As a psychologist I see this in my own diabetic challenges. In moving to the Seattle area I’m with my third physician and have finally found an endocronologist who treats me like an adult with diabetes rather than a disease attached to a recalcitrant non compliant human being. The first two nit picked when I had a hamburger scolding me about diet and not focusing that my A1c has been 6.1 or less for over 5 years.

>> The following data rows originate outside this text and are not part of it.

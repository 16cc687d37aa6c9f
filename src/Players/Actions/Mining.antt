-- ===== src/Players/Actions/Mining.antt =====
-- `handlePlayerAction` of procedures.c, with `playPickupAnimation`.
pub mod Solid
pub mod Ends
use macintosh_craft.Base.{
  ℕ, zero, suc, ◌+◌, ◌-◌, ◌/◌, ◌%◌, Bool, true, false, not, ◌&&◌, ◌||◌, List, [], ◌∷◌, ◌++◌, map,
  ◌==◌, if◌then◌else◌,
}
use macintosh_craft.Base.{get_or}
use macintosh_craft.Base.Int.{ℤ, pos, negsuc, ◌+ℤ◌, ◌-ℤ◌, to_u32}
use macintosh_craft.Registry.{Registry, Block, Item}
use macintosh_craft.Items.{get_mining_result, is_instantly_mined, is_column_block}
use macintosh_craft.Tools.{fast_rand}
use macintosh_craft.World.Blocks.{get_block_at, place_at, make_block_change}
use macintosh_craft.World.Fluids.{Flow, flow_change}
use macintosh_craft.Net.Write.{Write, var_int, byte}
use macintosh_craft.Net.Write.{var_size}
use macintosh_craft.Net.Packets.Frame.{Packet, spawn_entity, pickup_item, remove_entity}
use macintosh_craft.Players.{PlayerData}
use macintosh_craft.Players.Eating.{bump_tool_durability}
use macintosh_craft.Players.Actions.{
  Rules, Play, Told, packet, writes, tell, registry, block_at, held_item, sync_hand, give,
  clear_flag, update_fluids,
}

-- The metadata of an item entity, with id -1.
unfoldable pub item_metadata : ℕ → List Write
item_metadata item =
    var_int (12 + var_size item)
    ∷ byte 0x5C
    ∷ var_int (to_u32 (negsuc 0))
    ∷ byte 8
    ∷ byte 7
    ∷ byte 1
    ∷ var_int item
    ∷ byte 0
    ∷ byte 0
    ∷ byte 0xFF
    ∷ []

unfoldable pub play_pickup_animation : Rules → ℕ → ℤ → ℤ → ℤ → Play → Play
play_pickup_animation r item x y z s =
    let p = s.player in
    let centre = r.doubles.block_centre in
    record s {
      told =
          s.told
          ++ (packet (
                spawn_entity (negsuc 0) (λ i. get_or p.name i 0) (pos 69) (centre x) (centre y)
                  (centre z) 0 0)
              ∷ writes (item_metadata item)
              ∷ packet (pickup_item (negsuc 0) p.client_fd 1)
              ∷ packet (remove_entity (negsuc 0))
              ∷ []);
    }

-- `getMiningResult`, which draws a random number for leaves only.
unfoldable pub mine_result : Rules → ℕ → ℕ → Play → ℕ × Play
mine_result r held b s =
    let random = fast_rand s.seed in
    let draws : Bool =
      (b == (registry r).block Block.oak_leaves) && not (held == (registry r).item Item.shears) in
    (get_mining_result (registry r) random held b, if draws then record s { seed = random } else s)

unfoldable pub wear_tool : Rules → Play → Play
wear_tool r s =
    let (p, ps, seed) = bump_tool_durability (registry r) s.player s.seed in
    tell ps (record s { player = p; seed = seed })

-- One block above is broken, and dropped as without a tool.
unfoldable pub break_one : Rules → ℤ → ℤ → ℤ → ℕ → Play → Play
break_one r x y z b s =
    let s1 = record s { flow = flow_change r.generator r.viewers (place_at x y z) 0 s.flow } in
    let (item, s2) = mine_result r 0 b s1 in if item == 0 then s2 else give r item 1 s2

-- The blocks above that need one below; `b` is the one at `y + offset`, and `n` rounds are left.
unfoldable pub break_column : ℕ → Rules → ℤ → ℤ → ℤ → ℕ → ℕ → Play → Play
break_column zero r x y z offset b s = record s { flow = record s.flow { deep = true } }
break_column (suc n) r x y z offset b s =
    let s1 = break_one r x (y +ℤ pos offset) z b s in
    let next : ℕ = (offset + 1) % 256 in
    let rest = break_column n r x y z next (block_at r x (y +ℤ pos next) z s1) s1 in
    if is_column_block (registry r) b then rest else s

-- The drop of a block that was mined.
unfoldable pub drop_item : Rules → ℤ → ℤ → ℤ → ℕ → Play → Play
drop_item r x y z b s =
    let (item, s1) = mine_result r (held_item s.player) b s in
    let s2 = wear_tool r s1 in
    if item == 0 then s2 else give r item 1 (play_pickup_animation r item x y z s2)

-- Behind the change that did not fail. A byte counts the blocks above, so 257 rounds are enough.
unfoldable pub after_mining : Rules → ℤ → ℤ → ℤ → ℕ → Play → Play
after_mining r x y z b s =
    let dropped = drop_item r x y z b s in
    let above = block_at r x (y +ℤ pos 1) z dropped in
    break_column 257 r x y z 1 above (update_fluids r x y z above dropped)

unfoldable pub mine : Rules → ℕ → ℤ → ℤ → ℤ → Play → Play
mine r action x y z s =
    let b = block_at r x y z s in
    let e = make_block_change r.generator r.viewers s.flow.changes (place_at x y z) 0 in
    let changed = record s { flow = flow_change r.generator r.viewers (place_at x y z) 0 s.flow } in
    if action == 0 && r.gamemode == 1
    then changed
    else if (action == 0) && not (is_instantly_mined (registry r) (held_item s.player) b)
    then s
    else if e.failed
    then changed
    else after_mining r x y z b changed

unfoldable pub handle_player_action : Rules → ℕ → ℤ → ℤ → ℤ → Play → Play
handle_player_action r action x y z s =
    let stopped = record s { player = clear_flag 16 (record s.player { flagval_16 = 0 }) } in
    if action == 3 || action == 4
    then sync_hand s
    else if action == 5
    then stopped
    else if not (action == 0) && not (action == 2)
    then s
    else mine r action x y z s
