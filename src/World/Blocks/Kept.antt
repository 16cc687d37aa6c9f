-- ===== src/World/Blocks/Kept.antt =====
-- What a change of `makeBlockChange` leaves as it was: the order of the array, and other places.
use macintosh_craft.Base.{ℕ, ◌≡◌, ◌≢◌, refl, ◌∙◌, true, false, List, inl, inr, arith}
use macintosh_craft.Base.Int.{pos, eq_ℤ_iff}
use macintosh_craft.Registry.{Block}
use macintosh_craft.Terrain.{Generator, block}
use macintosh_craft.World.Changes.{Changes, Place, gap, store_change}
use macintosh_craft.World.Changes.Plain.{IsPlain}
use macintosh_craft.World.Changes.Write.{same_place}
use macintosh_craft.World.Changes.MapLaw.{store_change-IsPlain, store_change-refused}
use macintosh_craft.World.Blocks.{Viewer, get_block_at, make_block_change, finish, is_base_block}
use macintosh_craft.World.Blocks.Reads.{InWorld, Outcome-cases, make_block_change-get_block_at}
use macintosh_craft.World.Blocks.{Built, change_block}

-- A block that is neither a chest nor 0xFF.
abbrev pub IsPlantable : Generator → ℕ → Type 0
IsPlantable g b = (b ≢ block g Block.chest) × (b ≢ gap)

pub same_place-equal : (p q : Place) → same_place p q ≡ true → p ≡ q
same_place-equal p q h =
    let x = (eq_ℤ_iff p.x q.x).0 (ground arith) in
    let y : p.y ≡ q.y = ground arith in
    let z = (eq_ℤ_iff p.z q.z).0 (ground arith) in rw (x, y, z) refl

pub changed-IsPlain :
    (g : Generator) (players : List Viewer) (s : Changes) (p : Place) (b : ℕ)
    → block g Block.chest ≢ gap
    → IsPlain (block g Block.chest) s
    → IsPlantable g b
    → IsPlain (block g Block.chest) (make_block_change g players s p b).changes
unfolding make_block_change finish
changed-IsPlain g players s p b chest_solid v plant =
    let chest = block g Block.chest in
    elim (Outcome-cases (store_change chest (is_base_block g p b) s p b)) [
      | inl (t, h) ↦
          rw (h, make_block_change)
            (store_change-IsPlain chest (is_base_block g p b) s t p b v plant.0 chest_solid h)
      | inr (t, h) ↦
          let (_, _, same) =
            store_change-refused chest (is_base_block g p b) s t p b v plant.0 chest_solid h in
          rw (h, make_block_change, same) v
    ]

-- The array is in order, and the place reads as the block `b`.
abbrev pub Reads : Generator → Place → ℕ → Changes → Type 0
Reads g q b s = IsPlain (block g Block.chest) s × (get_block_at g s q.x (pos q.y) q.z ≡ b)

pub elsewhere :
    (g : Generator) (players : List Viewer) (q : Place)
    → InWorld q
    → block g Block.chest ≢ gap
    → (b : ℕ) (p : Place) (n : ℕ) (w : Built) → IsPlantable g n
    → same_place p q ≡ false
    → Reads g q b w.changes
    → Reads g q b (change_block g players p n w).changes
unfolding change_block
elsewhere g players q inside chest_solid b p n w plant other (v, r) = (
  changed-IsPlain g players w.changes p n chest_solid v plant,
  elim (make_block_change-get_block_at g players w.changes p q n v inside plant.0 plant.1
      chest_solid) [ inl (_, read) ↦ rw other at read ∙ r | inr (_, same, _) ↦ rw same r ],
)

Until doctors see adult patients as adults and interact as such we will be treated as disobedient children. My advice…..don’t put up with it keep changing doctors until you find one that treats you well medically and humanly.
I have a great doctor. He will discuss anything I feel the need to discuss. If he doesn’t have an answer off the top of his head he will leave the room and go research the question. So far I have never left his office without an answer to any question I have posed. He does not have diabetes but he certainly seems to realize the strain it can pose on a person. Some of his answers have been a little far reaching but so far they have worked well for me. He is entirely cognizant of the difficulties my lifestyle poses in addition to the diabetes and he works with me to overcome the particular difficulties they pose.
I like the idea of the conversation. It makes sense, and hopefully brings both people closer to the same level.
As a psychologist I see this in my own diabetic challenges. In moving to the Seattle area I’m with my third physician and have finally found an endocronologist who treats me like an adult with diabetes rather than a disease attached to a recalcitrant non compliant human being. The first two nit picked when I had a hamburger scolding me about diet and not focusing that my A1c has been 6.1 or less for over 5 years.